Amanhã, na secção de Livros do ‘Actual’

– Entrevista com Valter Hugo Mãe, sobre O Filho de Mil Homens (Alfaguara), por José Mário Silva
Lógica Poética – Friedrich Hölderlin, org. de Bruno C. Duarte (Vendaval), por António Guerreiro
A Educação Sentimental dos Pássaros, de José Eduardo Agualusa (D. Quixote), por Pedro Mexia
Ataques ao Papa – Escândalos de Pedofilia e Polémicas Doutrinárias Contra Bento XVI, de Andrea Tornielli e Paolo Rodari (Presença), por Rosa Pedroso Lima
Nova História da Filosofia Ocidental – vol. 4, de Anthony Kenny (Gradiva), por Luís M. Faria
Ravelstein, de Saul Bellow (Quetzal), por Hugo Pinto Santos
Matadouro Cinco, de Kurt Vonnegut (Bertrand), por José Guardado Moreira
O Lanche do Senhor Verde, de Javier Saéz Castán (Orfeu Negro), por Sara Figueiredo Costa



Comentários

3 Responses to “Amanhã, na secção de Livros do ‘Actual’”

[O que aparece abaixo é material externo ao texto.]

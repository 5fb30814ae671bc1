-- ===== src/Index/Neighbours.antt =====
-- The neighbours of a span.
use dbgscope.Base.{
  ℕ, zero, suc, ◌≤◌, ◌≡◌, refl, ap, sym, subst, some_inj, ◌∙◌, arith, Bool, true, false, Option,
  none, some, then_some, ◌>>=◌, >>=-eq-some, get_elem?, ◌↔◌,
}
use dbgscope.Base.Words.{checked_add, checked_sub, u64_max}
use dbgscope.Pool.{PoolSpan}
use dbgscope.Index.{PoolIndex, predecessor, successor, same_boundary}

-- Whether two spans, where they exist, lie on one side of every boundary.
abbrev bordering : Option PoolSpan → Option PoolSpan → Bool
bordering none right = false
bordering (some left) none = false
bordering (some left) (some right) = same_boundary left right

then_bordering :
    (l r : Option PoolSpan) (k : ℕ)
    → (l >>= λ left. r >>= λ right. then_some (same_boundary left right) k)
      ≡ then_some (bordering l r) k
then_bordering none r k = refl
then_bordering (some left) none k = refl
then_bordering (some left) (some right) k = refl

pub then_some-eq {ℓ} :
    {A : Type ℓ} (b : Bool) {x y : A} → then_some b x ≡ some y → (b ≡ true) × (x ≡ y)
then_some-eq true h = (refl, cc)
then_some-eq false h = absurd (cc)

module _ {Layout Diagnostics : Type 0} (self : PoolIndex Layout Diagnostics) where
  abbrev borders : ℕ → ℕ → Bool
  borders i j = bordering (get_elem? self.spans i) (get_elem? self.spans j)

  predecessor-suc : (i : ℕ) → predecessor self (suc i) ≡ then_some (borders i (suc i)) i
  unfolding predecessor
  predecessor-suc i =
      let e : checked_sub (suc i) 1 ≡ some i = ground arith in rw e (then_bordering _ _ i)

  predecessor-zero : predecessor self 0 ≡ none
  unfolding predecessor
  predecessor-zero = refl

  successor-suc :
      (i : ℕ) → suc i ≤ u64_max → successor self i ≡ then_some (borders i (suc i)) (suc i)
  unfolding successor
  successor-suc i h =
      let e : checked_add i 1 ≡ some (suc i) = ground arith in rw e (then_bordering _ _ (suc i))

  pub successor_next : (i j : ℕ) → successor self i ≡ some j → (j ≡ suc i) × (j ≤ u64_max)
  unfolding successor
  successor_next i j h =
      let (next, added, rest) = >>=-eq-some (checked_add i 1) _ h in
      let (left, l, rest_left) = >>=-eq-some (get_elem? self.spans i) _ rest in
      let (right, r, done) = >>=-eq-some (get_elem? self.spans next) _ rest_left in
      let is = (then_some-eq (same_boundary left right) done).1 in ground arith

  pub successor-same_boundary :
      (i j : ℕ) {left right : PoolSpan}
      → successor self i ≡ some j
      → get_elem? self.spans i ≡ some left
      → get_elem? self.spans j ≡ some right
      → same_boundary left right ≡ true
  unfolding successor
  successor-same_boundary i j {left} {right} h l r =
      let (next, added, rest) = >>=-eq-some (checked_add i 1) _ h in
      let (first, l', rest_left) = >>=-eq-some (get_elem? self.spans i) _ rest in
      let (second, r', done) = >>=-eq-some (get_elem? self.spans next) _ rest_left in
      let (borders_them, is) = then_some-eq (same_boundary first second) done in
      let e : first ≡ left = some_inj (sym l' ∙ l) in
      let e' : second ≡ right = some_inj (sym r' ∙ ap (get_elem? self.spans) is ∙ r) in
      subst (λ z. same_boundary left z ≡ true) e'
        (subst (λ z. same_boundary z second ≡ true) e borders_them)

  pub predecessor_previous : (i j : ℕ) → predecessor self i ≡ some j → i ≡ suc j
  predecessor_previous zero j h = absurd (cc (h, predecessor-zero))
  predecessor_previous (suc i) j h =
      ap suc (then_some-eq (borders i (suc i)) (sym (predecessor-suc i) ∙ h)).1

  -- The two neighbours are each other's: at positions below 2 ^ 64, a span's successor is
  -- another exactly when the other's predecessor is the span.
  pub successor-predecessor :
      (i j : ℕ) → j ≤ u64_max → (successor self i ≡ some j) ↔ (predecessor self j ≡ some i)
  successor-predecessor i zero h = (
    λ s. absurd (omega (arith, (successor_next i 0 s).0)),
    λ p. absurd (cc (p, predecessor-zero)),
  )
  successor-predecessor i (suc j) h = (
    λ s.
        let e : i ≡ j = omega (arith, (successor_next i (suc j) s).0) in
        let at_j : successor self j ≡ some (suc j) =
          subst (λ k. successor self k ≡ some (suc j)) e s in
        let border = (then_some-eq (borders j (suc j)) (sym (successor-suc j h) ∙ at_j)).0 in
        predecessor-suc j ∙ ap (λ b. then_some b j) border ∙ ap some (sym e),
    λ p.
        let (border, e) = then_some-eq (borders j (suc j)) (sym (predecessor-suc j) ∙ p) in
        ap (successor self) (sym e) ∙ successor-suc j h ∙ ap (λ b. then_some b (suc j)) border,
  )
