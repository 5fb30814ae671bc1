-- ===== src/Index/Rounds.antt =====
-- A round of the loop over the holes beside an allocation.
use dbgscope.Base.{
  ℕ, zero, suc, ◌≤◌, ◌<◌, ◌≡◌, ◌⊎◌, refl, ap, arith, Bool, Bool-cases, true, false, ltb, Option,
  Option-cases, none, some, ◌>>=◌, then_some, List, [], ◌∷◌, length, get_elem?, get_elem?-lt,
  get_elem?-some, inl, inr,
}
use dbgscope.Base.Words.{u64_max, checked_add, checked_sub}
use dbgscope.Pool.{PoolSpan, PoolState}
use dbgscope.Pool.Same.{is_allocated}
use dbgscope.Index.{PoolIndex, Direction, same_boundary, predecessor, successor, step, next_hole}
use dbgscope.Index.Neighbours.{predecessor_previous}
use dbgscope.Index.Boundaries.{
  Bordered, Bordered-sym, same_boundary_sound, same_boundary_complete, is_allocated_sound,
}

-- The second position is the next in the direction.
abbrev pub Beside : Direction → ℕ → ℕ → Type 0
Beside Direction.underflow cursor index = cursor ≡ suc index
Beside Direction.overflow cursor index = index ≡ suc cursor

module _ (spans : List PoolSpan) where
  -- There is no position beside this one.
  abbrev pub IsLast : Direction → ℕ → Type 0
  IsLast Direction.underflow cursor = cursor ≡ 0
  IsLast Direction.overflow cursor = suc cursor ≡ length spans

  abbrev pub AreBeside : Direction → ℕ → ℕ → PoolSpan → PoolSpan → Type 0
  AreBeside direction cursor index here span =
      (get_elem? spans cursor ≡ some here)
      × (get_elem? spans index ≡ some span)
      × Beside direction cursor index

  -- The holes end at a position: it is the last, or the span beside it is allocated or lies over a
  -- boundary.
  abbrev pub IsStop : Direction → ℕ → Type 0
  IsStop direction cursor =
      IsLast direction cursor
      ⊎ (index : ℕ) × (here : PoolSpan) × (span : PoolSpan) × AreBeside direction cursor index here
          span
        × ((span.state ≡ PoolState.allocated) ⊎ (¬ Bordered here span))

not_allocated : (s : PoolState) → is_allocated s ≡ false → ¬ (s ≡ PoolState.allocated)
not_allocated s h e = cc (h, ap is_allocated e)

get_elem?-none : (spans : List PoolSpan) (i : ℕ) → length spans ≤ i → get_elem? spans i ≡ none
get_elem?-none [] i h = refl
get_elem?-none (x ∷ xs) zero h = absurd (omega arith)
get_elem?-none (x ∷ xs) (suc i) h = get_elem?-none xs i (omega arith)

bind_none : {A B : Type 0} (m : Option A) (last : Option B) → last ≡ none → (m >>= λ a. last) ≡ none
bind_none none last h = refl
bind_none (some a) last h = h

module _ {Layout Diagnostics : Type 0} (self : PoolIndex Layout Diagnostics) where
  -- The test of the boundary, in the order of the addresses.
  abbrev faces : Direction → PoolSpan → PoolSpan → Bool
  faces Direction.underflow here span = same_boundary span here
  faces Direction.overflow here span = same_boundary here span

  faces_sound :
      (direction : Direction) (here span : PoolSpan)
      → faces direction here span ≡ true
      → Bordered here span
  faces_sound Direction.underflow here span h =
      Bordered-sym span here (same_boundary_sound span here h)
  faces_sound Direction.overflow here span h = same_boundary_sound here span h

  faces_complete :
      (direction : Direction) (here span : PoolSpan)
      → Bordered here span
      → faces direction here span ≡ true
  faces_complete Direction.underflow here span h =
      same_boundary_complete span here (Bordered-sym here span h)
  faces_complete Direction.overflow here span h = same_boundary_complete here span h

  step-AreBeside :
      (direction : Direction) (cursor index : ℕ) (here span : PoolSpan)
      → index ≤ u64_max
      → AreBeside self.spans direction cursor index here span
      → step self direction cursor ≡ then_some (faces direction here span) index
  unfolding predecessor successor
  step-AreBeside Direction.underflow cursor index here span small (h, s, b) =
      let e : checked_sub cursor 1 ≡ some index = ground arith in rw (e, s, h) refl
  step-AreBeside Direction.overflow cursor index here span small (h, s, b) =
      let e : checked_add cursor 1 ≡ some index = ground arith in rw (e, h, s) refl

  step-IsLast :
      (direction : Direction) (cursor : ℕ)
      → IsLast self.spans direction cursor
      → step self direction cursor ≡ none
  unfolding successor
  step-IsLast Direction.underflow cursor h = elim (Option-cases (predecessor self cursor)) [
    | inl ended ↦ ended
    | inr found ↦
        let (previous, e) = found in
        absurd (omega (arith, predecessor_previous self cursor previous e))
  ]
  step-IsLast Direction.overflow cursor h = elim (Option-cases (checked_add cursor 1)) [
    | inl ended ↦ rw ended refl
    | inr found ↦
        let (next, e) = found in
        let outside : get_elem? self.spans next ≡ none =
          get_elem?-none self.spans next (ground arith) in
        rw (e, outside) (bind_none (get_elem? self.spans cursor) none refl)
  ]

  -- A position is the last, or a span is beside it.
  beside :
      (direction : Direction) (cursor : ℕ)
      → cursor < length self.spans
      → IsLast self.spans direction cursor
        ⊎ (index : ℕ) × (here : PoolSpan) × (span : PoolSpan) × AreBeside self.spans direction
            cursor index here span
  beside Direction.underflow zero h = inl refl
  beside Direction.underflow (suc index) h =
      let (here, e) = get_elem?-some self.spans (suc index) h in
      let (span, f) = get_elem?-some self.spans index (omega arith) in
      inr (index, here, span, (e, f, refl))
  beside Direction.overflow cursor h = elim (Bool-cases (ltb (suc cursor) (length self.spans))) [
    | inl inside ↦
        let (here, e) = get_elem?-some self.spans cursor h in
        let (span, f) = get_elem?-some self.spans (suc cursor) (ground (arith, inside)) in
        inr (suc cursor, here, span, (e, f, refl))
    | inr outside ↦ inl (ground (arith, outside, h))
  ]

  -- What a round of the loop does: it goes on to the span beside, or the holes end.
  abbrev pub IsRound : Direction → ℕ → Type 0
  IsRound direction cursor =
      IsStop self.spans direction cursor × (next_hole self direction cursor ≡ none)
      ⊎ (index : ℕ) × (here : PoolSpan) × (span : PoolSpan) × AreBeside self.spans direction cursor
          index here span
        × Bordered here span
        × (¬ (span.state ≡ PoolState.allocated))
        × (next_hole self direction cursor ≡ some (index, span))

  next_hole-AreBeside :
      (direction : Direction) (cursor index : ℕ) (here span : PoolSpan)
      → index ≤ u64_max
      → AreBeside self.spans direction cursor index here span
      → IsRound direction cursor
  next_hole-AreBeside direction cursor index here span small are =
      let stepped = step-AreBeside direction cursor index here span small are in
      elim (Bool-cases (faces direction here span)) [
        | inl faced ↦ elim (Bool-cases (is_allocated span.state)) [
          | inl used ↦ inl (
            inr (index, here, span, are, inl (is_allocated_sound span.state used)),
            rw (stepped, faced, are.1, used) refl,
          )
          | inr idle ↦ inr (
            index,
            here,
            span,
            are,
            faces_sound direction here span faced,
            not_allocated span.state idle,
            rw (stepped, faced, are.1, idle) refl,
          )
        ]
        | inr over ↦ inl (
          inr (
            index,
            here,
            span,
            are,
            inr (λ bordered. cc (over, faces_complete direction here span bordered)),
          ),
          rw (stepped, over) refl,
        )
      ]

  pub next_hole-IsRound :
      (direction : Direction) (cursor : ℕ)
      → length self.spans ≤ u64_max
      → cursor < length self.spans
      → IsRound direction cursor
  next_hole-IsRound direction cursor small h = elim (beside direction cursor h) [
    | inl last ↦ inl (inl last, rw (step-IsLast direction cursor last) refl)
    | inr found ↦
        let (index, here, span, are) = found in
        next_hole-AreBeside direction cursor index here span
          (omega (arith, get_elem?-lt self.spans index are.1)) are
  ]
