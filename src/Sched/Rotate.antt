-- ===== src/Sched/Rotate.antt =====
-- One task switch: the ready threads take turns.
use mathlib.Core.Path.{subst}
use model_lib.Common.{
  ℕ, suc, ◌≡◌, ◌≢◌, refl, sym, ap, ◌∙◌, Bool, true, false, some, List, [], ◌∷◌, ◌++◌, arith,
  if◌then◌else◌, ◌==◌, add32,
}
use model_lib.Sched.{
  Ptr, null, running, ready_to_run, Thread, Sched, store, is_ready, is_running, unlink_first,
  pop_first_ready, then_choose, get_next_task, sched_task, sched_lock, sched_unlock, retire,
  proc_switch_to_thread, switch_to, then_switch, switch_task,
}
use model_lib.Sched.Queue.{
  Fresh, IsQueue-tail, IsQueue-next, first-ne-null, update-next, update_self, update_ne,
}
use model_lib.Sched.Ready.{Holds, sched_task-Holds}

pop_first_ready-first :
    (fuel : ℕ) (s : Sched)
    → s.ready_list_start ≢ null
    → is_ready (s.threads s.ready_list_start).state ≡ true
    → pop_first_ready (suc fuel) s ≡ some (s.ready_list_start, unlink_first s)
unfolding pop_first_ready
pop_first_ready-first fuel s ne ready =
    let some_left : (s.ready_list_start == null) ≡ false = ground arith in rw (some_left, ready)

pub get_next_task-first :
    (fuel : ℕ) (s : Sched)
    → s.ready_list_start ≢ null
    → is_ready (s.threads s.ready_list_start).state ≡ true
    → get_next_task (suc fuel) s ≡ some (s.ready_list_start, unlink_first s)
unfolding get_next_task
get_next_task-first fuel s ne ready =
    let some_left : (s.ready_list_start == null) ≡ false = ground arith in
    ap then_choose (pop_first_ready-first fuel s ne ready) ∙ rw some_left

pub switch_task-on :
    (fuel ms : ℕ) (s : Sched)
    → s.switching_flag ≡ true
    → switch_task fuel ms s
      ≡ then_switch ms s.cur_task
          (get_next_task fuel (record s { sched_slock = add32 s.sched_slock 1 }))
unfolding switch_task sched_lock
switch_task-on fuel ms s on =
    let locked = record s { sched_slock = add32 s.sched_slock 1 } in
    ap
      (λ (b : Bool).
        if b
        then then_switch ms s.cur_task (get_next_task fuel locked)
        else some (sched_unlock locked))
      on

pub sched_task-state :
    (s : Sched) (th q : Ptr) → ((sched_task s th).threads q).state ≡ (s.threads q).state
unfolding sched_task
sched_task-state s th q = ground arith

pub sched_task-cur : (s : Sched) (th : Ptr) → (sched_task s th).cur_task ≡ s.cur_task
unfolding sched_task
sched_task-cur s th = ground arith

-- A running thread put by behind the list.
module _ (s : Sched) (c : Ptr) (run : (s.threads c).state ≡ running) (ms : ℕ) where
  abbrev pub stopped : Thread
  stopped =
      let t = s.threads c in
      record t { state = if is_running t.state then ready_to_run else t.state }

  abbrev pub put_by : Sched
  put_by = store s c stopped

  pub put_by-state : (put_by.threads c).state ≡ ready_to_run
  put_by-state =
      ap (λ t. t.state) (update_self s.threads c stopped)
      ∙ ap (λ st. if is_running st then ready_to_run else st) run

  pub retire-state : ((retire s c ms).threads c).state ≡ ready_to_run
  retire-state =
      ap (λ t. t.state) (update_self (sched_task put_by c).threads c _)
      ∙ sched_task-state put_by c c
      ∙ put_by-state

  retire-Holds :
      (r : List Ptr)
      → Holds s r
      → c ≢ s.idle_task
      → c ≢ null
      → Fresh c r
      → (s.threads c).next ≡ null
      → Holds (retire s c ms) (r ++ c ∷ [])
  retire-Holds r q busy ne f end =
      let by = update-next s.threads c stopped refl in
      let q' = IsQueue-next s.threads put_by.threads r _ _ by q in
      let after = sched_task put_by c in
      IsQueue-next after.threads (retire s c ms).threads (r ++ c ∷ []) _ _
        (update-next after.threads c _ refl)
        (sched_task-Holds put_by r c q' put_by-state busy ne f (by c ∙ end))

-- What a switch from `c` to `x` leaves, with `xs` in the ready list.
pub record Turns (c x : Ptr) (xs : List Ptr) (t : Sched) : Type 0 where
  pub current : t.cur_task ≡ x
  pub holds : Holds t xs
  pub runs : (t.threads x).state ≡ running
  pub waits : (t.threads c).state ≡ ready_to_run

switch_to-Turns :
    (ms : ℕ) (s : Sched) (c x : Ptr) (r : List Ptr)
    → Holds s r
    → c ≢ x
    → (s.threads c).state ≡ running
    → c ≢ s.idle_task
    → c ≢ null
    → Fresh c r
    → (s.threads c).next ≡ null
    → Turns c x (r ++ c ∷ []) (switch_to ms c (x, s))
unfolding switch_to proc_switch_to_thread sched_unlock
switch_to-Turns ms s c x r q apart run busy ne f end =
    let s' = record s { cur_task = x } in
    let gone = retire s' c ms in
    let on : Thread = record (gone.threads x) { state = running } in
    let switched : (c == x) ≡ false = ground arith in
    let done = sched_unlock (proc_switch_to_thread gone x) in
    let turns : Turns c x (r ++ c ∷ []) done = record {
      current = sched_task-cur _ c;
      holds =
          IsQueue-next gone.threads done.threads (r ++ c ∷ []) _ _
            (update-next gone.threads x on refl) (retire-Holds s' c run ms r q busy ne f end);
      runs = ap (λ t. t.state) (update_self gone.threads x on);
      waits = ap (λ t. t.state) (update_ne gone.threads x c on apart) ∙ retire-state s' c run ms;
    } in
    rw switched turns

-- With switching on, the list holding `x` and then `r`, `x` ready, and enough fuel, a call of
-- `_switch_task` out of a running thread that is neither the idle task nor in the list, and that has
-- no successor, ends: `x` runs, the old thread is ready, and the list holds `r` and then the old
-- thread.
pub switch_task-Turns :
    (fuel ms : ℕ) (s : Sched) (x : Ptr) (r : List Ptr)
    → s.switching_flag ≡ true
    → Holds s (x ∷ r)
    → (s.threads x).state ≡ ready_to_run
    → (s.threads s.cur_task).state ≡ running
    → s.cur_task ≢ s.idle_task
    → s.cur_task ≢ null
    → Fresh s.cur_task (x ∷ r)
    → (s.threads s.cur_task).next ≡ null
    → (t : Sched) × (switch_task (suc fuel) ms s ≡ some t)
      × Turns s.cur_task x (r ++ s.cur_task ∷ []) t
switch_task-Turns fuel ms s x r on q ready run busy ne f end =
    let locked = record s { sched_slock = add32 s.sched_slock 1 } in
    let first = first-ne-null s.threads x r _ _ q in
    let rest = IsQueue-tail s.threads x r s.ready_list_start s.ready_list_end q in
    let start-ready : is_ready (s.threads s.ready_list_start).state ≡ true =
      ap (λ p. is_ready (s.threads p).state) first.0 ∙ ap is_ready ready in
    let found = get_next_task-first fuel locked (λ e. first.1 (sym first.0 ∙ e)) start-ready in
    let apart : s.cur_task ≢ s.ready_list_start = λ e. f.0 (e ∙ first.0) in
    let turns =
      switch_to-Turns ms (unlink_first locked) s.cur_task s.ready_list_start r rest apart run busy
        ne f.1 end in
    let after = switch_to ms s.cur_task (s.ready_list_start, unlink_first locked) in
    (
      after,
      switch_task-on (suc fuel) ms s on ∙ ap (then_switch ms s.cur_task) found,
      subst (λ p. Turns s.cur_task p (r ++ s.cur_task ∷ []) after) first.0 turns,
    )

  1. Michelle Siqueira on Setembro 24th, 2011 16:18

    Gostei muito da entrevista com Valter Hugo Mãe. Esperava o velho sistema “matemático” de pergunta em “negrito” e respota abaixo, mas deparei-me com um belo texto envolvente e descontraído. Fiquei feliz.

    Parabéns pelo trabalho. Parabéns pela iniciativa da oferta de livros no Miradouro.

    Michelle

  2. antónia nicanor on Setembro 27th, 2011 12:07

    Dá tanto jeito uma entrevista ao autor precisamente no fim de semana do lançamento!… É claro que deve ter sido pura coincidência, mas dá um ar tão fofinho, tão, sei lá, de ajuda ao próximo… Você é um anjo, sr Silva!

  3. José Mário Silva on Setembro 27th, 2011 17:04

    antónia,

    Que eu saiba, é normal as entrevistas a um autor serem publicadas em simultâneo com o lançamento do respectivo livro (ou filme, ou disco). Nem sempre é possível, por razões de espaço ou de agenda, mas é desejável.
    No caso do Valter, até houve várias entrevistas que saíram antes do lançamento do livro.
    Não se trata, como é óbvio, de ajudar seja quem for, mas de informar os leitores que (ainda) compram jornais e revistas.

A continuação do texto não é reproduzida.